The petrol price has declined about $2 this week from highs of around $41.60/barrel last weekend. That has translated into weakness for the CAD, and thus the USD/CAD has had the first week of gains after nine consecutive losing weeks. The candle engulfs last week´s candle and that´s a bullish sign… but with the petrol producers meeting coming up in April we won´t try to be heroes and go long right now. On the daily chart, we see that after making a doji last Friday the price moved up about 300 pips this week, so it was time to open a long-term signal for a few hundred pips. But after nine consecutive weeks of declining numbers, we were hesitant. Anyway, the price is just below the 100 smooth MA and the 20 MA in that timeframe chart, so we will see how it will behave. If it breaks above, that will be a bullish sign, if not then we will wait for a better entry price further down before opening up a long-term buy forex signal in this pair.
The engulfing weekly candle is a bullish indicator
We are just below the 100 smooth MA
EUR/USD moved 300 pips up after the FED´s dovish FOMC statement last Wednesday. That came after the previous week, where this pair had already moved 400 pips higher after the ECB meeting. Since Thursday before last, this pair has been in a constant downtrend, turning south and making new lows after retracing to the downtrend line on the hourly chart. The price is above the trend line now, but that´s because Friday and the weekend was a Western holiday, and as a result, the price couldn’t go anywhere. However, on the H4 chart, we see another picture. An Elliott Wave Pattern is unfolding and it looks like we are its fourth wave, which is the retracement wave. But, it remains to be seen if the pattern will be completed.

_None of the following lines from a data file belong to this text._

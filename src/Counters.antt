-- ===== src/Counters.antt =====
-- internal/store/poll_counters.go: the vote counter of each poll, kept in the table
-- gosignal_poll_counters. A timestamp is in the table as its decimal text.
pub mod Reserved
pub mod Own
use go_signal.Base.{
  ℕ, ◌+◌, ◌-◌, ◌^◌, max, Bool, true, false, ◌&&◌, Option, none, some, List, [], ◌∷◌, Bytes, ◌==◌,
  ltb, str_eq, if◌then◌else◌,
}
use go_signal.Std.Decimal.{format}

-- The primary key.
pub record CounterKey : Type 0 where
  pub chat : Bytes
  pub author : Bytes
  pub timestamp : Bytes

pub record CounterRow : Type 0 where
  pub key : CounterKey
  pub counter : ℕ

abbrev pub max_counter : ℕ
max_counter = 2 ^ 32 - 1

abbrev pub same_key : CounterKey → CounterKey → Bool
same_key a b = str_eq a.chat b.chat && str_eq a.author b.author && str_eq a.timestamp b.timestamp

-- INSERT … ON CONFLICT … DO UPDATE SET counter=MAX(counter, excluded.counter)
unfoldable pub raise : List CounterRow → CounterKey → ℕ → List CounterRow
raise [] key n = record { key = key; counter = n } ∷ []
raise (row ∷ rows) key n =
    let rest = raise rows key n in
    if same_key row.key key then record row { counter = max row.counter n } ∷ rows else row ∷ rest

-- INSERT … ON CONFLICT … DO UPDATE SET counter=counter+1 WHERE counter < 4294967295, and the
-- counter it returns; `none` when it returns no row.
unfoldable pub advance : List CounterRow → CounterKey → List CounterRow × Option ℕ
advance [] key = (record { key = key; counter = 1 } ∷ [], some 1)
advance (row ∷ rows) key =
    let rest = advance rows key in
    if same_key row.key key
    then (if ltb row.counter max_counter
        then (record row { counter = row.counter + 1 } ∷ rows, some (row.counter + 1))
        else (row ∷ rows, none))
    else (row ∷ rest.0, rest.1)

-- A reservation: the arguments of ReservePollVote.
pub record Reservation : Type 0 where
  pub chat : Bytes
  pub author : Bytes
  pub timestamp : ℕ
  pub explicit : ℕ

unfoldable pub key_of : Reservation → CounterKey
key_of r = record { chat = r.chat; author = r.author; timestamp = format r.timestamp }

-- Store.ReservePollVote; `none` is ErrPollVoteExhausted.
unfoldable pub reserve : List CounterRow → Reservation → List CounterRow × Option ℕ
unfolding raise advance
reserve rows r =
    if r.explicit == 0
    then advance rows (key_of r)
    else (raise rows (key_of r) r.explicit, some r.explicit)

unfoldable pub reserve_all : List CounterRow → List Reservation → List CounterRow
reserve_all rows [] = rows
reserve_all rows (r ∷ rs) = reserve_all (reserve rows r).0 rs
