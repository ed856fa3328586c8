-- ===== src/Uuid.antt =====
-- github.com/google/uuid, which the repository does not hold: an interface that the checks of
-- identities take. A UUID is its 16 bytes.
use go_signal.Base.{Option, Bool, false, none, some, Bytes, ◌&&◌, not, str_eq}

pub record UuidLib : Type 0 where
  -- uuid.Parse; `none` is its error.
  pub parse : Bytes → Option Bytes
  -- UUID.String
  pub to_string : Bytes → Bytes
  -- uuid.Nil
  pub nil : Bytes

module _ ⦃u : UuidLib⦄ where
  abbrev holds : (Bytes → Bool) → Option Bytes → Bool
  holds p none = false
  holds p (some id) = p id

  -- err == nil && id != uuid.Nil
  unfoldable pub is_uuid : Bytes → Bool
  is_uuid s = holds (λ id. not (str_eq id u.nil)) (u.parse s)

  -- err == nil && id.String() == s
  unfoldable pub is_canonical : Bytes → Bool
  is_canonical s = holds (λ id. str_eq (u.to_string id) s) (u.parse s)

  -- err == nil && id != uuid.Nil && id.String() == s
  unfoldable pub is_aci : Bytes → Bool
  unfolding is_uuid is_canonical
  is_aci s = is_uuid s && is_canonical s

EUR/USD has been in a continuous downtrend all this week
The H4 chart shows an Elliott wave pattern taking place
The week in conclusion
We closed the fourth week of March and are edging closer towards the end of the month, increasing our profits every week. The volatility has been very high, but this week the price action was very quiet, apart from a short period after the Belgium attacks. So, we only had 12 forex signals, three of which remain open, but the profit was good nonetheless. This weekend was Easter weekend and we wish a Happy Easter to everyone who celebrates this holiday.